REQUIRED ACTION: Which lines in the entries below contain the string "refl"? Show each of them in full.

INPUT:
════════

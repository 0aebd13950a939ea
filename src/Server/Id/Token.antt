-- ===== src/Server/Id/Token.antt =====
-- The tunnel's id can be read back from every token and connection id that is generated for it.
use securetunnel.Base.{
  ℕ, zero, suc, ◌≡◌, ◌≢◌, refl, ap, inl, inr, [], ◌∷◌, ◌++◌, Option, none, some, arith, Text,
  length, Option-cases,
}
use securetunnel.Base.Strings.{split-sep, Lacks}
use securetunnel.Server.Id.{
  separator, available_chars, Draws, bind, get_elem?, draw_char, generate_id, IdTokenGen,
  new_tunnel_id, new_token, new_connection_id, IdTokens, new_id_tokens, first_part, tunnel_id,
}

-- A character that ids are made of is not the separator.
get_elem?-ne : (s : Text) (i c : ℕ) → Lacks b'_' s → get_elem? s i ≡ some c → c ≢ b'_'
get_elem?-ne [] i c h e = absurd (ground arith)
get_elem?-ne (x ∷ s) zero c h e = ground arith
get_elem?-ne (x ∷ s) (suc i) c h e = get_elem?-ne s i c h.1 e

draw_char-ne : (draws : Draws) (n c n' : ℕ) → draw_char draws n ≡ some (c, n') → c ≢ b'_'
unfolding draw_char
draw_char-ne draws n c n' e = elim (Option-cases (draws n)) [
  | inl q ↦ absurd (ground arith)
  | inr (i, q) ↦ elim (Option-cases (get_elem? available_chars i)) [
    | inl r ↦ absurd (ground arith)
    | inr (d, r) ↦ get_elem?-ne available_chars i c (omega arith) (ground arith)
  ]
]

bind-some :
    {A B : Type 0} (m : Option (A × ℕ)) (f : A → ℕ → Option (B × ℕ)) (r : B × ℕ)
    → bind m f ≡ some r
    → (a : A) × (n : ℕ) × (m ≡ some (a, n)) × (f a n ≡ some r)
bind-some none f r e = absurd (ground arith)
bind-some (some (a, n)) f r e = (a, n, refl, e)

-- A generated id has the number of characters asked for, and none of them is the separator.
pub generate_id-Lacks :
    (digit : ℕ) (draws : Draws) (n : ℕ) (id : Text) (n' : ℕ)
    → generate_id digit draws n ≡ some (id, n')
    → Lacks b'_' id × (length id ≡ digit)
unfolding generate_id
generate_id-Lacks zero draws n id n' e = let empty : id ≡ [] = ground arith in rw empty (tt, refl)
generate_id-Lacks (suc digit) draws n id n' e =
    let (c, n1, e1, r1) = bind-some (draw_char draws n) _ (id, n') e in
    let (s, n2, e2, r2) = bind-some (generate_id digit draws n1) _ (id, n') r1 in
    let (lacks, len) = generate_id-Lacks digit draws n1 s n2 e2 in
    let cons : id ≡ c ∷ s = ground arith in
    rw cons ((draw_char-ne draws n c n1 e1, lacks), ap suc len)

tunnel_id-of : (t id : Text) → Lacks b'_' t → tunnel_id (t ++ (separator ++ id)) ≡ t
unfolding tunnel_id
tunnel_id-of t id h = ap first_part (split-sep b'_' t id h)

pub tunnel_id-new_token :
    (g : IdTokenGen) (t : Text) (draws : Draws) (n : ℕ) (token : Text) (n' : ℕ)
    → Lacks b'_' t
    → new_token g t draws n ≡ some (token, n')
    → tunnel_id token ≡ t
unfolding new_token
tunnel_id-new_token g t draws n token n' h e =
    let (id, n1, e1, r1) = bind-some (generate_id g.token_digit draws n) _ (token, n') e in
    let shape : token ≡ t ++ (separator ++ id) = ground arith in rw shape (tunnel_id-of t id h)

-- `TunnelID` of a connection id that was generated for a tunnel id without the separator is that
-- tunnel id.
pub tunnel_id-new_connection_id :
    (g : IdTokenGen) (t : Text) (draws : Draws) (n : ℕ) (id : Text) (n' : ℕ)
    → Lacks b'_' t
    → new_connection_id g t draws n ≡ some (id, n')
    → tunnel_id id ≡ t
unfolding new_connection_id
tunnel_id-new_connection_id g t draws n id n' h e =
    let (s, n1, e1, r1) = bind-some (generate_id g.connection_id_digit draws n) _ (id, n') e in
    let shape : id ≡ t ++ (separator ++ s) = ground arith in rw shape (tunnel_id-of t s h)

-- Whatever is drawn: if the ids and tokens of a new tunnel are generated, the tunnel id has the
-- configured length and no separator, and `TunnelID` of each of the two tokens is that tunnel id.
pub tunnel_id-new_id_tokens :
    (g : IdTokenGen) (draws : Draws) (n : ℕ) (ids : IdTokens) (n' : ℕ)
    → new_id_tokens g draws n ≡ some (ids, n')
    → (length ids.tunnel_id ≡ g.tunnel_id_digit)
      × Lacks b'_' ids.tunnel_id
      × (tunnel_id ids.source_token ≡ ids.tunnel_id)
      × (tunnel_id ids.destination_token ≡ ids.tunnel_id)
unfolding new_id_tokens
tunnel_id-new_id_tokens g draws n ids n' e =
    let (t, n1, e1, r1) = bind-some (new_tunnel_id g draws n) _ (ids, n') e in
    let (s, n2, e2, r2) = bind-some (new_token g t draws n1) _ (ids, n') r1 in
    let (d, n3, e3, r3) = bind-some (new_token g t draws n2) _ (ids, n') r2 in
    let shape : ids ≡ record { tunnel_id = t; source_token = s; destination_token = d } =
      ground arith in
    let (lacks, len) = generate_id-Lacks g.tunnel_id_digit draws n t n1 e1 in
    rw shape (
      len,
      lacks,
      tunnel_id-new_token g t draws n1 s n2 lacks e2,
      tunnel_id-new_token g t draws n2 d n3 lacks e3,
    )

════════

RESPONSE BELOW:
  ℕ, zero, suc, ◌≡◌, ◌≢◌, refl, ap, inl, inr, [], ◌∷◌, ◌++◌, Option, none, some, arith, Text,
bind-some (some (a, n)) f r e = (a, n, refl, e)
generate_id-Lacks zero draws n id n' e = let empty : id ≡ [] = ground arith in rw empty (tt, refl)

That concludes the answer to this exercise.